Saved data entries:
━━━━━━━━━━
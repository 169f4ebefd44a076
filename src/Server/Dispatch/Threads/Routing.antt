-- ===== src/Server/Dispatch/Threads/Routing.antt =====
-- The answers on the shared channel `repPool` reach those who have asked.
use Prim.Native.String.{String}
use mathlib.Core.Path.{subst}
use wsp.Base.{
  ℕ, zero, suc, ◌≡◌, refl, ap, ◌∙◌, ◌≢◌, List, [], ◌∷◌, ◌++◌, Every, Every-replace, arith,
}
use wsp.Server.Dispatch.Threads.{
  Dispatcher, resting, leaving, gone, crashed, asking, awaiting, fetching, Main, serving, replying,
  draining, State, Step, Reach, here, next, all_resting, started,
}

-- The keys whose pools are awaited.
abbrev pub awaited : List Dispatcher → List String
awaited [] = []
awaited (awaiting k ∷ ds) = k ∷ awaited ds
awaited (_ ∷ ds) = awaited ds

-- While the main goroutine is in its `select` nobody waits for an answer, and when it answers only
-- the one who has asked.
abbrev pub Expects : Main → List String → Type 0
Expects serving ks = ks ≡ []
Expects (replying k) ks = ks ≡ k ∷ []
Expects _ ks = Unit

-- The dispatcher has got the pool that it has asked for.
abbrev pub HasOwn : Dispatcher → Type 0
HasOwn (fetching k j) = k ≡ j
HasOwn _ = Unit

pub record IsRouted (s : State) : Type 0 where
  pub expected : Expects s.main (awaited s.dispatchers)
  pub own : Every HasOwn s.dispatchers

-- Dispatchers that await nothing can stand for one another.
awaited-swap :
    (xs : List Dispatcher) (d e : Dispatcher) (ys : List Dispatcher)
    → awaited (d ∷ []) ≡ []
    → awaited (e ∷ []) ≡ []
    → awaited (xs ++ d ∷ ys) ≡ awaited (xs ++ e ∷ ys)
awaited-swap [] d e ys p q = ground arith
awaited-swap (x ∷ xs) d e ys p q = ground (arith, awaited-swap xs d e ys p q)

-- One more asks, while nobody waits.
awaited-ask :
    (xs ys : List Dispatcher) (k : String)
    → awaited (xs ++ asking k ∷ ys) ≡ []
    → awaited (xs ++ awaiting k ∷ ys) ≡ k ∷ []
awaited-ask [] ys k e = ap (λ l. k ∷ l) e
awaited-ask (x ∷ xs) ys k e = ground (arith, awaited-ask xs ys k)

awaited-ne-nil : (xs ys : List Dispatcher) (k : String) → awaited (xs ++ awaiting k ∷ ys) ≢ []
awaited-ne-nil [] ys k e = cc
awaited-ne-nil (x ∷ xs) ys k e = ground (arith, awaited-ne-nil xs ys k)

-- If one waits, it is the one that has asked.
awaited-reply :
    (xs ys : List Dispatcher) (k j : String) (d : Dispatcher)
    → awaited (xs ++ awaiting k ∷ ys) ≡ j ∷ []
    → awaited (d ∷ []) ≡ []
    → (k ≡ j) × (awaited (xs ++ d ∷ ys) ≡ [])
awaited-reply [] ys k j d e q = (cc, ground arith)
awaited-reply (x ∷ xs) ys k j d e q =
    ground (arith, awaited-reply xs ys k j d, awaited-ne-nil xs ys k)

-- A dispatcher changes that neither awaits an answer before nor after.
changes-IsRouted :
    (s : State) (xs ys : List Dispatcher) (d e : Dispatcher)
    → IsRouted s
    → s.dispatchers ≡ xs ++ d ∷ ys
    → awaited (d ∷ []) ≡ []
    → awaited (e ∷ []) ≡ []
    → HasOwn e
    → IsRouted (record s { dispatchers = xs ++ e ∷ ys })
changes-IsRouted s xs ys d e v at p q own = record {
  expected = subst (Expects s.main) (ap awaited at ∙ awaited-swap xs d e ys p q) v.expected;
  own = Every-replace HasOwn xs d e ys (subst (Every HasOwn) at v.own) own;
}

expected_at :
    {s : State} (m : Main) (ds : List Dispatcher)
    → IsRouted s
    → s.dispatchers ≡ ds
    → s.main ≡ m
    → Expects m (awaited ds)
expected_at {s} m ds v at e =
    subst (λ l. Expects m (awaited l)) at
      (subst (λ n. Expects n (awaited s.dispatchers)) e v.expected)

-- One dispatcher moves on and the main goroutine expects what fits.
moves-IsRouted :
    {s : State} (xs ys : List Dispatcher) (d e : Dispatcher) (m : Main)
    → IsRouted s
    → s.dispatchers ≡ xs ++ d ∷ ys
    → HasOwn e
    → Expects m (awaited (xs ++ e ∷ ys))
    → IsRouted (record { dispatchers = xs ++ e ∷ ys; main = m })
moves-IsRouted xs ys d e m v at own x = record {
  expected = x;
  own = Every-replace HasOwn xs d e ys (subst (Every HasOwn) at v.own) own;
}

Step-IsRouted : {s t : State} → Step s t → IsRouted s → IsRouted t
Step-IsRouted {s} (Step.accepts xs ys k at o) v =
    changes-IsRouted s xs ys resting (asking k) v at refl refl tt
Step-IsRouted (Step.asks xs ys k at m) v =
    moves-IsRouted xs ys (asking k) (awaiting k) (replying k) v at tt
      (awaited-ask xs ys k (expected_at serving _ v at m))
Step-IsRouted (Step.replies xs ys k j at m) v =
    let r = awaited-reply xs ys k j (fetching k j) (expected_at (replying j) _ v at m) refl in
    moves-IsRouted xs ys (awaiting k) (fetching k j) serving v at r.0 r.1
Step-IsRouted (Step.replies_nil xs ys k j at m) v =
    moves-IsRouted xs ys (awaiting k) resting serving v at tt
      (awaited-reply xs ys k j resting (expected_at (replying j) _ v at m) refl).1
Step-IsRouted {s} (Step.finds xs ys k j at) v =
    changes-IsRouted s xs ys (fetching k j) resting v at refl refl tt
Step-IsRouted {s} (Step.retries xs ys k j at) v =
    changes-IsRouted s xs ys (fetching k j) (asking k) v at refl refl tt
Step-IsRouted (Step.shuts_down m) v = record { expected = tt; own = v.own }
Step-IsRouted {s} (Step.leaves xs ys at e) v =
    changes-IsRouted s xs ys resting leaving v at refl refl tt
Step-IsRouted (Step.counts xs ys n at m) v =
    moves-IsRouted xs ys leaving gone (draining n) v at tt tt
Step-IsRouted (Step.miscounts xs ys k n at m) v =
    moves-IsRouted xs ys (asking k) (awaiting k) (draining n) v at tt tt
Step-IsRouted (Step.stops m) v = record { expected = tt; own = v.own }
Step-IsRouted {s} (Step.starves xs ys k at m) v =
    moves-IsRouted xs ys (awaiting k) resting s.main v at tt (rw m tt)
Step-IsRouted {s} (Step.crashes xs ys at m) v =
    changes-IsRouted s xs ys leaving crashed v at refl refl tt
Step-IsRouted {s} (Step.crashes_asking xs ys k at m) v =
    changes-IsRouted s xs ys (asking k) crashed v at refl refl tt

Reach-IsRouted : {s t : State} → IsRouted s → Reach s t → IsRouted t
Reach-IsRouted v here = v
Reach-IsRouted v (next r st) = Step-IsRouted st (Reach-IsRouted v r)

awaited-all_resting : (n : ℕ) → awaited (all_resting n) ≡ []
awaited-all_resting zero = refl
awaited-all_resting (suc n) = awaited-all_resting n

all_resting-HasOwn : (n : ℕ) → Every HasOwn (all_resting n)
all_resting-HasOwn zero = tt
all_resting-HasOwn (suc n) = (tt, all_resting-HasOwn n)

-- However many dispatchers share the channel, and however they interleave with one another and with
-- the main goroutine: each gets the pool of the very client that it has asked for, nobody waits for
-- an answer while the main goroutine is in its `select`, and when it answers for a key, one
-- dispatcher waits, and for that key.
pub Reach-started-IsRouted : (n : ℕ) (s : State) → Reach (started n) s → IsRouted s
Reach-started-IsRouted n s r =
    Reach-IsRouted (record { expected = awaited-all_resting n; own = all_resting-HasOwn n }) r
━━━━━━━━━━
Filter the records above and copy every line that contains the word "String".

PROBLEM SOLUTION:
use Prim.Native.String.{String}
abbrev pub awaited : List Dispatcher → List String
abbrev pub Expects : Main → List String → Type 0
    (xs ys : List Dispatcher) (k : String)
awaited-ne-nil : (xs ys : List Dispatcher) (k : String) → awaited (xs ++ awaiting k ∷ ys) ≢ []
    (xs ys : List Dispatcher) (k j : String) (d : Dispatcher)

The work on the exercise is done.